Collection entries
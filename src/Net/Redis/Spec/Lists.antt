-- ===== src/Net/Redis/Spec/Lists.antt =====
-- String lists: what was pushed is read.
use afl.Base.{
  ◌-◌, ℕ, suc, ◌^◌, ◌<◌, ◌≡◌, refl, ◌∙◌, none, some, [], ◌∷◌, ◌++◌, List, length, map, take_all,
  arith, length-append,
}
use afl.Base.Int.{pos, negsuc, wrap32-eq}
use afl.Base.Str.{Str, bytes, str_eq}
use afl.Except.{ok}
use afl.Container.Map
use afl.Text.Char.{str_ucase}
use afl.Data.Value.{Value, string, integer, vector, items}
use afl.Data.Access.{to_string, to_integer, array_items, each_string}
use afl.Redis.Store
use afl.Redis.Store.{Entry, Db, as_list, eat_string, eat_integer, pure, store, int32}
use afl.Redis.Lists.{rpush, rpush_loop, lrange, range, convert_index}
use afl.Redis.Database.{call, execute}
use afl.Redis.Laws.{get_found, create_found, create_new, find-insert_self}
use afl.Redis.Spec.{command}
use afl.Redis.Spec.Lists.{range-eq}
use afl.Net.Handler.{optional_int}
use afl.Net.Redis.StringListKey
use afl.Net.Redis.Spec.{database}

-- What stands at a key that holds a list, or nothing, is that list, or the empty one.
pub data HoldsList (k : Str) (d : Db) : List Str → Type 0 where
  absent : Map.find k d ≡ none → HoldsList k d []
  present : (l : List Str) → Map.find k d ≡ some (Entry.list l) → HoldsList k d l

abbrev pub created : {k : Str} {d : Db} {l : List Str} → HoldsList k d l → Db
created {k} {d} (absent h) = Map.insert k (Entry.list []) d
created {k} {d} (present l h) = d

call-rpush :
    (roll : ℕ) (k x : Str) (l : List Str) (d : Db) (h : HoldsList k d l)
    → call roll (command "RPUSH" (k ∷ x ∷ [])) d ≡ (
      ok (integer (int32 (length (l ++ (x ∷ []))))),
      Map.insert k (Entry.list (l ++ (x ∷ []))) (created h),
    )
unfolding call execute str_ucase str_eq rpush rpush_loop Store.◌>>=◌ eat_string pure to_string store
call-rpush roll k x l d (absent h) = rw (create_new as_list k d Entry.list [] h, Store.◌>>=◌) refl
call-rpush roll k x l d (present _ h) =
    rw (create_found as_list k d Entry.list [] _ l h refl, Store.◌>>=◌) refl

each_string-items : (l : List Str) → each_string (items (map string l)) ≡ ok l
unfolding each_string items to_string
each_string-items [] = refl
each_string-items (x ∷ l) = rw (each_string-items l) refl

abbrev pub all_of : Str → List Value
all_of k = string (bytes "LRANGE") ∷ string k ∷ integer (pos 0) ∷ integer (negsuc 0) ∷ []

range_all :
    (l : List Str)
    → length l < 2 ^ 31
    → range l (convert_index (length l) (pos 0)) (convert_index (length l) (negsuc 0)) ≡ l
unfolding convert_index
range_all l h =
    let last : ℕ = convert_index (length l) (negsuc 0) in
    range-eq l 0 last ∙ take_all (suc last - 0) l (omega arith)

call-lrange_all :
    (roll : ℕ) (k : Str) (l : List Str) (d : Db)
    → Map.find k d ≡ some (Entry.list l)
    → length l < 2 ^ 31
    → call roll (all_of k) d ≡ (ok (vector (items (map string l))), d)
unfolding call execute str_ucase str_eq lrange Store.◌>>=◌ eat_string eat_integer pure to_string
    to_integer
call-lrange_all roll k l d h b =
    rw (get_found as_list k d _ l h refl, Store.◌>>=◌, range_all l b) refl

get_all-eq :
    (r : ℕ) (k : Str) (l : List Str) (d : Db)
    → Map.find k d ≡ some (Entry.list l)
    → length l < 2 ^ 31
    → StringListKey.get_all (database r) k d ≡ (ok l, d)
unfolding array_items
get_all-eq r k l d h b = rw (call-lrange_all r k l d h b) (rw (each_string-items l) refl)

-- `pushBack` to a list, which may be missing before, returns the new number of elements, and `getAll`
-- then returns those that were there and the new one at the end; a list may have 2^31 - 1 elements.
pub push_back-get_all :
    (r : ℕ) (k x : Str) (l : List Str) (d : Db)
    → HoldsList k d l
    → suc (length l) < 2 ^ 31
    → let ch = database r in
      let (size, d') = StringListKey.push_back ch k x d in
      (size ≡ ok (pos (suc (length l))))
      × (StringListKey.get_all ch k d' ≡ (ok (l ++ (x ∷ [])), d'))
unfolding optional_int to_integer
push_back-get_all r k x l d h b =
    let size : length (l ++ (x ∷ [])) ≡ suc (length l) = omega (arith, length-append l (x ∷ [])) in
    rw (call-rpush r k x l d h) (
      rw (size, wrap32-eq (pos (suc (length l))) (b, omega arith)) refl,
      get_all-eq r k (l ++ (x ∷ [])) _ (find-insert_self k _ _) (omega (arith, size)),
    )
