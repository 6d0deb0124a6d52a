-- ===== src/Redis/Spec/Sets.antt =====
-- Sets: the set operations by membership, and what SMOVE does.
use afl.Base.{ℕ, ◌≡◌, refl, ◌∙◌, none, some, Bool, true, false, not, ◌&&◌, ◌||◌}
use afl.Base.{[], ◌∷◌, arith}
use afl.Base.Str.{Str, bytes, str_eq, str_eq_iff}
use afl.Except.{err, runtime_error}
use afl.Container.Map
use afl.Container.Map.{StrSet}
use afl.Data.Access.{to_string}
use afl.Redis.Store.{
  Entry, Db, as_set, ◌>>=◌, eat_string, store, invalid_type, fail, get_create, get,
}
use afl.Redis.Sets.{
  add, SetOperation, difference, intersection, union, subtract, intersect, unite, combine, smove,
  move_member,
}
use afl.Redis.Database.{call, execute, with_verb}
use afl.Redis.Laws.{get_found, get_eq, find-insert_self}
use afl.Redis.Spec.{command}
use afl.Text.Char.{str_ucase}

contains-subtract :
    (x : Str) (s t : StrSet)
    → Map.contains x (subtract s t) ≡ (Map.contains x s && not (Map.contains x t))
unfolding subtract Map.find
contains-subtract x [] t = refl
contains-subtract x ((y, u) ∷ s) t = ground (arith, str_eq_iff x y, contains-subtract x s t)

contains-intersect :
    (x : Str) (s t : StrSet)
    → Map.contains x (intersect s t) ≡ (Map.contains x s && Map.contains x t)
unfolding intersect Map.find
contains-intersect x [] t = refl
contains-intersect x ((y, u) ∷ s) t = ground (arith, str_eq_iff x y, contains-intersect x s t)

pub contains-add :
    (x y : Str) (s : StrSet) → Map.contains x (add y s) ≡ (str_eq x y || Map.contains x s)
contains-add x y s = ground (arith, Map.find-insert y x tt s)

contains-unite :
    (x : Str) (s t : StrSet) → Map.contains x (unite s t) ≡ (Map.contains x s || Map.contains x t)
unfolding unite Map.find
contains-unite x s [] = ground arith
contains-unite x s ((y, u) ∷ t) = ground (arith, contains-unite x (add y s) t, contains-add x y s)

-- What an operation on sets means for one member.
abbrev pub meaning : SetOperation → Bool → Bool → Bool
meaning difference a b = a && not b
meaning intersection a b = a && b
meaning union a b = a || b

-- A string is in the combination of two sets exactly where the Boolean operation says so: in the first
-- and not the second for a difference, in both for an intersection, in either for a union.
pub contains-combine :
    (op : SetOperation) (x : Str) (s t : StrSet)
    → Map.contains x (combine op s t) ≡ meaning op (Map.contains x s) (Map.contains x t)
contains-combine difference x s t = contains-subtract x s t
contains-combine intersection x s t = contains-intersect x s t
contains-combine union x s t = contains-unite x s t

get_wrong_set :
    (k : Str) (e : Entry) (d : Db)
    → Map.find k d ≡ some e
    → as_set e ≡ none
    → get as_set k d ≡ (fail invalid_type d)
get_wrong_set k e d h c = get_eq as_set k d (some e) h ∙ rw c refl

move_member_wrong :
    (k dest x : Str) (s : StrSet) (e : Entry) (d : Db)
    → str_eq dest k ≡ false
    → Map.find dest d ≡ some e
    → as_set e ≡ none
    → move_member k dest x s d ≡ fail invalid_type (Map.insert k (Entry.set (Map.erase x s)) d)
unfolding ◌>>=◌ store get_create fail
move_member_wrong k dest x s e d ne h c =
    let f : Map.find dest (Map.insert k (Entry.set (Map.erase x s)) d) ≡ some e =
      Map.find-insert k dest (Entry.set (Map.erase x s)) d ∙ rw ne h in
    rw (get_wrong_set dest e _ f c, get_create, ◌>>=◌) refl

call-smove :
    (roll : ℕ) (k dest x : Str) (s : StrSet) (d : Db)
    → Map.find k d ≡ some (Entry.set s)
    → Map.contains x s ≡ true
    → call roll (command "SMOVE" (k ∷ dest ∷ x ∷ [])) d
      ≡ (with_verb (bytes "SMOVE") (move_member k dest x s d).0, (move_member k dest x s d).1)
unfolding call execute str_ucase str_eq smove ◌>>=◌ eat_string to_string
call-smove roll k dest x s d h m = rw (get_found as_set k d _ s h refl, ◌>>=◌, m) refl

-- SMOVE of a member to another key that holds something else than a set fails, and the member has gone
-- from its set by then; the other key holds what it held.
pub smove_loses_member :
    (roll : ℕ) (k dest x : Str) (s : StrSet) (e : Entry) (d : Db)
    → str_eq dest k ≡ false
    → Map.find k d ≡ some (Entry.set s)
    → Map.contains x s ≡ true
    → Map.find dest d ≡ some e
    → as_set e ≡ none
    → let (r, d') = call roll (command "SMOVE" (k ∷ dest ∷ x ∷ [])) d in
      (r ≡ err (runtime_error (bytes "Invalid type [verb: SMOVE]")))
      × (Map.find k d' ≡ some (Entry.set (Map.erase x s)))
      × (Map.find dest d' ≡ some e)
unfolding fail
smove_loses_member roll k dest x s e d ne h m g c =
    rw (call-smove roll k dest x s d h m, move_member_wrong k dest x s e d ne g c)
      (refl, find-insert_self k _ d, Map.find-insert k dest _ d ∙ rw ne g)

● EXERCISE DESCRIPTION
Nothing but the lines from the one containing "(r ≡ err (runtime_error" through the end of the entries belongs in the answer; repeat them exactly.

● WORKED SOLUTION
      (r ≡ err (runtime_error (bytes "Invalid type [verb: SMOVE]")))
      × (Map.find k d' ≡ some (Entry.set (Map.erase x s)))
      × (Map.find dest d' ≡ some e)
unfolding fail
smove_loses_member roll k dest x s e d ne h m g c =
    rw (call-smove roll k dest x s d h m, move_member_wrong k dest x s e d ne g c)
      (refl, find-insert_self k _ d, Map.find-insert k dest _ d ∙ rw ne g)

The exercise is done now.